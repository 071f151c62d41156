-- ===== src/Messages/Legal.antt =====
-- The invariant of the stream while it writes, and the pieces of a delta that keep it.
use zealish_router.Base.{
  bound_some, Run, live, Outcome, bind_rule, int_eq_iff, if_cases, ℕ, ◌+◌, ◌≤◌, ◌≡◌, refl, ◌∙◌,
  Bool, true, false, ◌&&◌, Option, none, some, [], ◌∷◌, ◌++◌, if◌then◌else◌, is_bound, Bool-cases,
  inl, inr, arith, String, ℤ, find_int, put_int, str_eq, length,
}
use zealish_router.Wire.{StreamChunk, ToolCall}
use zealish_router.Messages.{
  Block, text_block, tool_block, MessageEvent, message_start, block_start, text_delta, input_delta,
  block_stop, MessageStream, new_stream, is_text, index_of, emit, start, close_block, begin_block,
  open_block, text_piece, block_of, announce, fragment,
}
use zealish_router.Messages.Grammar.{
  Phase, before, between, inside, read, reads, reads-append, read_from,
}

-- Where the reader is, by the stream's own fields.
abbrev pub position : MessageStream → Phase
position m = if m.started then (if m.opened then inside m.block_index else between 0) else before

pub record Sound (m : MessageStream) : Type 0 where
  pub at : reads false m.sent ≡ some (position m)
  pub held : m.block_open ≡ m.opened
  pub fresh : m.started ≡ false → m.opened ≡ false
  pub tools :
      (i : ℤ) (b : ℕ) → find_int i m.tool_blocks ≡ some b → (m.opened ≡ true) × (b ≤ m.block_index)
  pub first : m.opened ≡ false → m.block_index ≡ 0

-- What was written so far is legal.
abbrev pub Readable : MessageStream → Type 0
Readable m = is_bound (reads false m.sent) ≡ true

-- What holds of a run: `P` after success, and after a failure that the events so far are legal.
abbrev pub Ensures : (MessageStream → Type 0) → Run MessageStream → Type 0
Ensures P r = Outcome Readable P r

pub new_stream-Sound : (model : String) → Sound (new_stream model)
unfolding new_stream reads read_from
new_stream-Sound model = record {
  at = refl;
  held = refl;
  fresh = λ h. refl;
  tools = λ i b h. ground (arith, h);
  first = λ h. refl;
}

abbrev pub Ready : MessageStream → Type 0
Ready m = Sound m × (m.started ≡ true)

-- After the open block, if any, has been closed: the index of the next block.
abbrev pub next_index : MessageStream → ℕ
next_index m = if m.opened then m.block_index + 1 else 0

pub record Closed (m : MessageStream) : Type 0 where
  pub at : reads false m.sent ≡ some (between (next_index m))
  pub on : m.started ≡ true
  pub first : m.opened ≡ false → m.block_index ≡ 0
  pub tools :
      (i : ℤ) (b : ℕ) → find_int i m.tool_blocks ≡ some b → (m.opened ≡ true) × (b ≤ m.block_index)

-- A call whose index has a block.
abbrev pub Announced : ToolCall → MessageStream → Type 0
Announced call m = Ready m × ((b : ℕ) × (find_int (index_of call) m.tool_blocks ≡ some b))

module _ (writes : ℕ → Bool) where
  -- A write takes the reader from `p` to `q`, or fails and leaves it at `p`.
  pub emit_rule :
      (Q : MessageStream → Type 0) (e : MessageEvent) (m : MessageStream) (p q : Phase)
      → reads false m.sent ≡ some p
      → read false p e ≡ some q
      → (reads false (m.sent ++ e ∷ []) ≡ some q → Q (record m { sent = m.sent ++ e ∷ [] }))
      → Ensures Q (emit writes e m)
  unfolding emit
  emit_rule Q e m p q h r k = elim (Bool-cases (writes (length m.sent))) [
    | inl fine ↦ rw fine (k (reads-append false m.sent e h ∙ r))
    | inr broken ↦ rw broken (rw h refl)
  ]

  pub start-Ready :
      (c : StreamChunk) (m : MessageStream) → Sound m → Ensures Ready (start writes c m)
  unfolding start
  start-Ready c m s =
      if_cases (Ensures Ready) m.started (λ on. (s, on))
        (λ off.
          let none_open = s.fresh off in
          emit_rule Ready (message_start c.id (if str_eq c.model "" then m.model else c.model))
            (record m {
              started = true;
              id = c.id;
              model = if str_eq c.model "" then m.model else c.model;
            })
            before (between 0) (s.at ∙ ground (arith, off)) refl
            (λ h. (
              record {
                at = h ∙ ground (arith, none_open);
                held = s.held;
                fresh = λ k. ground (arith, k);
                tools = s.tools;
                first = s.first;
              },
              refl,
            )))

  pub close_block-Closed : (m : MessageStream) → Ready m → Ensures Closed (close_block writes m)
  unfolding close_block
  close_block-Closed m (s, on) =
      if_cases (Ensures Closed) m.block_open
        (λ held.
          emit_rule Closed (block_stop m.block_index) (record m { block_open = false })
            (inside m.block_index) (between (m.block_index + 1))
            (s.at ∙ ground (arith, held, s.held, on)) (ground arith)
            (λ h. record {
              at = h ∙ ground (arith, held, s.held);
              on = on;
              first = s.first;
              tools = s.tools;
            }))
        (λ idle. record {
          at = s.at ∙ ground (arith, idle, s.held, on);
          on = on;
          first = s.first;
          tools = s.tools;
        })

  pub begin_block-Ready :
      (block : Block) (m : MessageStream)
      → Closed m
      → Ensures (λ m'. Ready m' × (m'.opened ≡ true)) (begin_block writes block m)
  begin_block-Ready block m c =
      let index = if m.opened then m.block_index + 1 else m.block_index in
      let same : index ≡ next_index m = ground (arith, c.first) in
      emit_rule (λ m'. Ready m' × (m'.opened ≡ true)) (block_start index block)
        (record m {
          block_index = index;
          opened = true;
          block_open = true;
          text_open = is_text block;
        })
        (between (next_index m)) (inside index) c.at (ground (arith, same))
        (λ h. (
          (
            record {
              at = h ∙ ground (arith, c.on);
              held = refl;
              fresh = λ k. ground (arith, k, c.on);
              tools = λ i b k. (refl, ground (arith, c.tools i b k));
              first = λ k. ground (arith, k);
            },
            c.on,
          ),
          refl,
        ))

  pub open_block-Ready :
      (block : Block) (m : MessageStream)
      → Ready m
      → Ensures (λ m'. Ready m' × (m'.opened ≡ true)) (open_block writes block m)
  unfolding open_block
  open_block-Ready block m (s, on) =
      if_cases (Ensures (λ m'. Ready m' × (m'.opened ≡ true)))
        (m.block_open && (m.text_open && is_text block))
        (λ same. ((s, on), ground (arith, same, s.held)))
        (λ other.
          bind_rule Readable Closed (λ m'. Ready m' × (m'.opened ≡ true)) (close_block writes m)
            (begin_block writes block) (close_block-Closed m (s, on)) (begin_block-Ready block))

  -- An event that leaves the reader where it is.
  pub emit_same :
      (e : MessageEvent) (m : MessageStream)
      → Ready m
      → read false (position m) e ≡ some (position m)
      → Ensures Ready (emit writes e m)
  emit_same e m (s, on) h = emit_rule Ready e m (position m) (position m) s.at h (λ k.
      (record { at = k; held = s.held; fresh = s.fresh; tools = s.tools; first = s.first }, on))

  pub text_piece-Ready :
      (text : Option String) (m : MessageStream)
      → Ready m
      → Ensures Ready (text_piece writes text m)
  unfolding text_piece
  text_piece-Ready none m r = r
  text_piece-Ready (some text) m r =
      if_cases (Ensures Ready) (str_eq text "") (λ nothing. r)
        (λ something.
          bind_rule Readable (λ m'. Ready m' × (m'.opened ≡ true)) Ready
            (open_block writes text_block m) (λ m'. emit writes (text_delta m'.block_index text) m')
            (open_block-Ready text_block m r)
            (λ m' q.
              emit_same (text_delta m'.block_index text) m' q.0 (ground (arith, q.0.1, q.1))))

  pub announce-Announced :
      (call : ToolCall) (m : MessageStream)
      → Ready m
      → Ensures (Announced call) (announce writes call m)
  announce-Announced call m r =
      if_cases (Ensures (Announced call)) (is_bound (find_int (index_of call) m.tool_blocks))
        (λ known. (r, bound_some (find_int (index_of call) m.tool_blocks) known))
        (λ new.
          bind_rule Readable (λ m'. Ready m' × (m'.opened ≡ true)) (Announced call)
            (open_block writes (tool_block call.id call.name) m)
            (λ m'.
              live
                (record m' { tool_blocks = put_int (index_of call) m'.block_index m'.tool_blocks }))
            (open_block-Ready (tool_block call.id call.name) m r)
            (λ m' q. (
              (
                record {
                  at = q.0.0.at;
                  held = q.0.0.held;
                  fresh = q.0.0.fresh;
                  first = q.0.0.first;
                  tools = λ i b k. ground (arith, q.0.0.tools i b, q.1, k);
                },
                q.0.1,
              ),
              (m'.block_index, ground (arith, int_eq_iff (index_of call) (index_of call))),
            )))

  pub fragment-Ready :
      (call : ToolCall) (m : MessageStream)
      → Announced call m
      → Ensures Ready (fragment writes call m)
  fragment-Ready call m (r, (b, h)) =
      if_cases (Ensures Ready) (str_eq call.arguments "") (λ nothing. r)
        (λ something.
          emit_same
            (input_delta (block_of writes (find_int (index_of call) m.tool_blocks)) call.arguments)
            m r (ground (arith, h, r.0.tools (index_of call) b h, r.1)))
+ + + + +
### Work required
Using the records above, copy word for word the line with "(rw h refl)", the line with "block_index = index;", and every line between them.

### Result
    | inr broken ↦ rw broken (rw h refl)
  ]

  pub start-Ready :
      (c : StreamChunk) (m : MessageStream) → Sound m → Ensures Ready (start writes c m)
  unfolding start
  start-Ready c m s =
      if_cases (Ensures Ready) m.started (λ on. (s, on))
        (λ off.
          let none_open = s.fresh off in
          emit_rule Ready (message_start c.id (if str_eq c.model "" then m.model else c.model))
            (record m {
              started = true;
              id = c.id;
              model = if str_eq c.model "" then m.model else c.model;
            })
            before (between 0) (s.at ∙ ground (arith, off)) refl
            (λ h. (
              record {
                at = h ∙ ground (arith, none_open);
                held = s.held;
                fresh = λ k. ground (arith, k);
                tools = s.tools;
                first = s.first;
              },
              refl,
            )))

  pub close_block-Closed : (m : MessageStream) → Ready m → Ensures Closed (close_block writes m)
  unfolding close_block
  close_block-Closed m (s, on) =
      if_cases (Ensures Closed) m.block_open
        (λ held.
          emit_rule Closed (block_stop m.block_index) (record m { block_open = false })
            (inside m.block_index) (between (m.block_index + 1))
            (s.at ∙ ground (arith, held, s.held, on)) (ground arith)
            (λ h. record {
              at = h ∙ ground (arith, held, s.held);
              on = on;
              first = s.first;
              tools = s.tools;
            }))
        (λ idle. record {
          at = s.at ∙ ground (arith, idle, s.held, on);
          on = on;
          first = s.first;
          tools = s.tools;
        })

  pub begin_block-Ready :
      (block : Block) (m : MessageStream)
      → Closed m
      → Ensures (λ m'. Ready m' × (m'.opened ≡ true)) (begin_block writes block m)
  begin_block-Ready block m c =
      let index = if m.opened then m.block_index + 1 else m.block_index in
      let same : index ≡ next_index m = ground (arith, c.first) in
      emit_rule (λ m'. Ready m' × (m'.opened ≡ true)) (block_start index block)
        (record m {
          block_index = index;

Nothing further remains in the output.